** INPUT RECORDS follows **

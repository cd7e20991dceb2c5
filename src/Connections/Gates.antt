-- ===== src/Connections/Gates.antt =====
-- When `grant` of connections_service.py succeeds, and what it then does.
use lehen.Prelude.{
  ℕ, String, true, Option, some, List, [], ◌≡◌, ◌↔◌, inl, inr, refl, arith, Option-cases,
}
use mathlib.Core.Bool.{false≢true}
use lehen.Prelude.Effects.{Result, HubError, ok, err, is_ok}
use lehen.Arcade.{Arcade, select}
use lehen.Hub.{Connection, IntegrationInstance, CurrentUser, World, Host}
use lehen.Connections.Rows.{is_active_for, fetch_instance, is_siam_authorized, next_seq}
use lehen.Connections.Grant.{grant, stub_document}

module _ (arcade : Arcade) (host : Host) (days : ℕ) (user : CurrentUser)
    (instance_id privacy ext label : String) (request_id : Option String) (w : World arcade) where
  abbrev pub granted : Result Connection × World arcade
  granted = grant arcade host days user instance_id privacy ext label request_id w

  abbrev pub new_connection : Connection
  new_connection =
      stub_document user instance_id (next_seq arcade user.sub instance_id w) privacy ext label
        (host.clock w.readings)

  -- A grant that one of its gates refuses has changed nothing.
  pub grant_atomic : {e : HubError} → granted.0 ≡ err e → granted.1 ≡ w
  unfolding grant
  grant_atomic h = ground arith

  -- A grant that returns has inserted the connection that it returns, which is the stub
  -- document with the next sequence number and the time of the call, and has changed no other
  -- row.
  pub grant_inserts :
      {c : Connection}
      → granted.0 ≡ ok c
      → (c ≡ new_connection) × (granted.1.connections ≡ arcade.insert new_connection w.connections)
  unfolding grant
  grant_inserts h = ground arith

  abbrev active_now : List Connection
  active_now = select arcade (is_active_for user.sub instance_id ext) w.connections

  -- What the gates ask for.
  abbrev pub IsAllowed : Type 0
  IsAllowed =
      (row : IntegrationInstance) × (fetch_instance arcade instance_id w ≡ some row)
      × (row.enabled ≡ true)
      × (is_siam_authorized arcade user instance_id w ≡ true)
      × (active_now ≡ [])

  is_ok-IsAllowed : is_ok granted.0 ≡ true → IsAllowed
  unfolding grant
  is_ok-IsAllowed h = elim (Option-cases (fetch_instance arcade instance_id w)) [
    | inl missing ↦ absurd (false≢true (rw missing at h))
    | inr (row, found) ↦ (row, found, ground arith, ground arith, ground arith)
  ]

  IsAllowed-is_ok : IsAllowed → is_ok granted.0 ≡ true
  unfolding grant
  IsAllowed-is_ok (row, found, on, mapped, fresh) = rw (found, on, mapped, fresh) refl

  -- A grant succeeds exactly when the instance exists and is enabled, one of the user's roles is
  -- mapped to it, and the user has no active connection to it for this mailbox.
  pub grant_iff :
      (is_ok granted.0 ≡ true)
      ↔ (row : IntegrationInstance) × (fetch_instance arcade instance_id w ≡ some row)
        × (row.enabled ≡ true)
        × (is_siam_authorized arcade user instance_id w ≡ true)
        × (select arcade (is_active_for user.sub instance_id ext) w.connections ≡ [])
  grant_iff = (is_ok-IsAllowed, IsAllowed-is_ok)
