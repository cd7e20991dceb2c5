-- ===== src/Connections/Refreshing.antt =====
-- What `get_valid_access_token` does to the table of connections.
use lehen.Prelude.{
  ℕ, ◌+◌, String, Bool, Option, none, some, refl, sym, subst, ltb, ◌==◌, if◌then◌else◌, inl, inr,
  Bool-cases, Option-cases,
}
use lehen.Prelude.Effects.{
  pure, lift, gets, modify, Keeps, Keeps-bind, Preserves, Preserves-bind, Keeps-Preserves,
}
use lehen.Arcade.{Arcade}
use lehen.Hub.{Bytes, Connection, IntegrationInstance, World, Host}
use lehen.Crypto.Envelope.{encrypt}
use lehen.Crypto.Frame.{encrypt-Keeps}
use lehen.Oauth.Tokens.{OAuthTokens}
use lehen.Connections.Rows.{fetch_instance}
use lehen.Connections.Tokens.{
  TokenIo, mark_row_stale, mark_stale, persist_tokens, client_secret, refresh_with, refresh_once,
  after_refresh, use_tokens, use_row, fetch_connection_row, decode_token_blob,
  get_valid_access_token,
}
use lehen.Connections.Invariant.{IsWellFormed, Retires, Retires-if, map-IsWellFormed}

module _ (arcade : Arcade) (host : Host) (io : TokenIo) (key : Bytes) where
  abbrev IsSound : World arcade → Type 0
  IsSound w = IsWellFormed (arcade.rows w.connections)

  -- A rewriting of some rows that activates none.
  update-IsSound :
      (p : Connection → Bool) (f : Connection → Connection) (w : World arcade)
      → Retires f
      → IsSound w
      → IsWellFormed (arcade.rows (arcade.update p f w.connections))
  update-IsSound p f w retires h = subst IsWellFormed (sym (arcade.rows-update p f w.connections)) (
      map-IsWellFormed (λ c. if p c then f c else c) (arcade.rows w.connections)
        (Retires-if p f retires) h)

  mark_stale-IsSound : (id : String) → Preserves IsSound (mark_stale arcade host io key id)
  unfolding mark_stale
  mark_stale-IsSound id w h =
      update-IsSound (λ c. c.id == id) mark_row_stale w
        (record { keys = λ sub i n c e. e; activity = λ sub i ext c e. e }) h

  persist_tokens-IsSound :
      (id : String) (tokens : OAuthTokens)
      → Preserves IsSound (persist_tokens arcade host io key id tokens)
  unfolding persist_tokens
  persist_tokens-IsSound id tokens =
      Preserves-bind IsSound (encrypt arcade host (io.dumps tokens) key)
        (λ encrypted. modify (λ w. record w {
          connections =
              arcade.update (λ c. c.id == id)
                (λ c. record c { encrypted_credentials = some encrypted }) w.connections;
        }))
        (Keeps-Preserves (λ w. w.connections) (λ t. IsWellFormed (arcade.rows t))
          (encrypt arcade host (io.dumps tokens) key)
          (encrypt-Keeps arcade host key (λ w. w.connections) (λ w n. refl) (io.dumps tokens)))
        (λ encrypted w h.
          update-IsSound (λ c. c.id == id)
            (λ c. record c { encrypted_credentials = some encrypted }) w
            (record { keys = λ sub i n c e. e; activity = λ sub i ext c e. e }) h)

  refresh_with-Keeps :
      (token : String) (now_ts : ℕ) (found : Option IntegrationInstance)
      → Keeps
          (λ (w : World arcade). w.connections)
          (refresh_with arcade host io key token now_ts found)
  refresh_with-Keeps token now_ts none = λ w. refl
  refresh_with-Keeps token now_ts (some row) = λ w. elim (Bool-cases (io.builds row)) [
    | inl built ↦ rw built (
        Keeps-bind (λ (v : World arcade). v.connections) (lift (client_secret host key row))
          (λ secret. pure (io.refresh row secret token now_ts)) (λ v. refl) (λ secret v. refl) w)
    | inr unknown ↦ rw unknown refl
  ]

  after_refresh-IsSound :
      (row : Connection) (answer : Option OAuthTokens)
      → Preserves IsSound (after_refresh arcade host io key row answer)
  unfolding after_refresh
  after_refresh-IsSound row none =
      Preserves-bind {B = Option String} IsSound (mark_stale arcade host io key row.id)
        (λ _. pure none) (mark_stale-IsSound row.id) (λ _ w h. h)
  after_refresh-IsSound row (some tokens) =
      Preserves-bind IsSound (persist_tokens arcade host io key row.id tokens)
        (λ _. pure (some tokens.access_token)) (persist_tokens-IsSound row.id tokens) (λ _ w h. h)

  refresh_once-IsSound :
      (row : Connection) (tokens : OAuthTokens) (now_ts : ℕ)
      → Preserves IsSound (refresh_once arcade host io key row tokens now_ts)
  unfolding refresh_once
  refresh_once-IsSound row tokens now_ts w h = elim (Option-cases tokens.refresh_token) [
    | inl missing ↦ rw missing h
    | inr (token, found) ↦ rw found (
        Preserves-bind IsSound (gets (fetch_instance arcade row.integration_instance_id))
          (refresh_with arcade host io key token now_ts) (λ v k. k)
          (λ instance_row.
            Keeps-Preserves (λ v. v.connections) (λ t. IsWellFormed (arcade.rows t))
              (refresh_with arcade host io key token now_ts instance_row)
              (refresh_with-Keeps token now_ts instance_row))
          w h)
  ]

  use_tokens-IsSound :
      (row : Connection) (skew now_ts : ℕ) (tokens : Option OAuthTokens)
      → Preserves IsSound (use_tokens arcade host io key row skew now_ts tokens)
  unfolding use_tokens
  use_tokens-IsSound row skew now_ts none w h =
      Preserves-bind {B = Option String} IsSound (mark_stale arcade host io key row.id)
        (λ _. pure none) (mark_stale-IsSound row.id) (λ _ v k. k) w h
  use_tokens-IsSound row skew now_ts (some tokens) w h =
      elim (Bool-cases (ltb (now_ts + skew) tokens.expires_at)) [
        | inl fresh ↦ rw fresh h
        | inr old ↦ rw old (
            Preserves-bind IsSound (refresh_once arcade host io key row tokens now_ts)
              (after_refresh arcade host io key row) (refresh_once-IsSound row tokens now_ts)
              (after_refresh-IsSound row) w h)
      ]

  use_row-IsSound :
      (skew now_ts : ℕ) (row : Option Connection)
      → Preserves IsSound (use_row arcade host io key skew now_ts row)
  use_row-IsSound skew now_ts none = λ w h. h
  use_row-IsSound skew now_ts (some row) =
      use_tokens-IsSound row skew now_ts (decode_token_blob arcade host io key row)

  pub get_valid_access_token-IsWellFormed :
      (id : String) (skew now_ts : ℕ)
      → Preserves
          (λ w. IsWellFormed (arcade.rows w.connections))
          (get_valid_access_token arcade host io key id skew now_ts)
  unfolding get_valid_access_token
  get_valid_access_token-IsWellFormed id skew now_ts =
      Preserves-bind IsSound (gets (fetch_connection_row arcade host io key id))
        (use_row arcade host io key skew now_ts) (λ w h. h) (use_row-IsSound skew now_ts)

** End of INPUT RECORDS **

◆ AIM OF THE EXERCISE
Copy only the lines in the listing that contain "gets".

◆ RESULT
  pure, lift, gets, modify, Keeps, Keeps-bind, Preserves, Preserves-bind, Keeps-Preserves,
        Preserves-bind IsSound (gets (fetch_instance arcade row.integration_instance_id))
      Preserves-bind IsSound (gets (fetch_connection_row arcade host io key id))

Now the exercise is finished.